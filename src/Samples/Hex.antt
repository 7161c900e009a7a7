-- ===== src/Samples/Hex.antt =====
-- Hexadecimal text with small letters, for hex.
use gravity_kvstore.Prelude.{
  ℕ, ◌+◌, ◌-◌, ◌*◌, ◌/◌, ◌%◌, ◌<◌, ◌≡◌, ◌≢◌, refl, ltb, leb, ◌&&◌, if◌then◌else◌, Text, Bytes, [],
  ◌∷◌, Outcome, ok, err, panic, ◌>>=◌, arith, IsBytes,
}

abbrev hex_char : ℕ → ℕ
hex_char n = if ltb n 10 then 48 + n else 87 + n

abbrev hex_value : ℕ → Outcome Text ℕ
hex_value c =
    if leb 48 c && leb c 57
    then ok (c - 48)
    else if leb 97 c && leb c 102
    then ok (c - 87)
    else err []

abbrev pub encode : Bytes → Text
encode [] = []
encode (b ∷ bs) = hex_char (b / 16) ∷ hex_char (b % 16) ∷ encode bs

abbrev pub decode : Text → Outcome Text Bytes
decode [] = ok []
decode (c ∷ []) = err []
decode (h ∷ l ∷ cs) = do
  high ← hex_value h
  low ← hex_value l
  rest ← decode cs
  ok ((high * 16 + low) ∷ rest)

hex_value-hex_char : (n : ℕ) → n < 16 → hex_value (hex_char n) ≡ ok n
hex_value-hex_char n h = ground arith

pub decode-encode : (b : Bytes) → IsBytes b → decode (encode b) ≡ ok b
decode-encode [] h = refl
decode-encode (b ∷ bs) h =
    rw
      (
        hex_value-hex_char (b / 16) (omega arith),
        hex_value-hex_char (b % 16) (omega arith),
        decode-encode bs h.1,
      )
      (ground arith)

hex_value-returns : (c : ℕ) → hex_value c ≢ panic
hex_value-returns c e = ground arith

-- Decoding never panics.
pub decode-returns : (t : Text) → decode t ≢ panic
decode-returns [] e = cc
decode-returns (c ∷ []) e = cc
decode-returns (h ∷ l ∷ cs) e =
    ground (arith, hex_value-returns h, hex_value-returns l, decode-returns cs)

━━━━━━━━━━

- ASSIGNED TASK
Take the entries above and copy out all lines with the string "then".

- SOLVED EXERCISE
  ℕ, ◌+◌, ◌-◌, ◌*◌, ◌/◌, ◌%◌, ◌<◌, ◌≡◌, ◌≢◌, refl, ltb, leb, ◌&&◌, if◌then◌else◌, Text, Bytes, [],
hex_char n = if ltb n 10 then 48 + n else 87 + n
    then ok (c - 48)
    then ok (c - 87)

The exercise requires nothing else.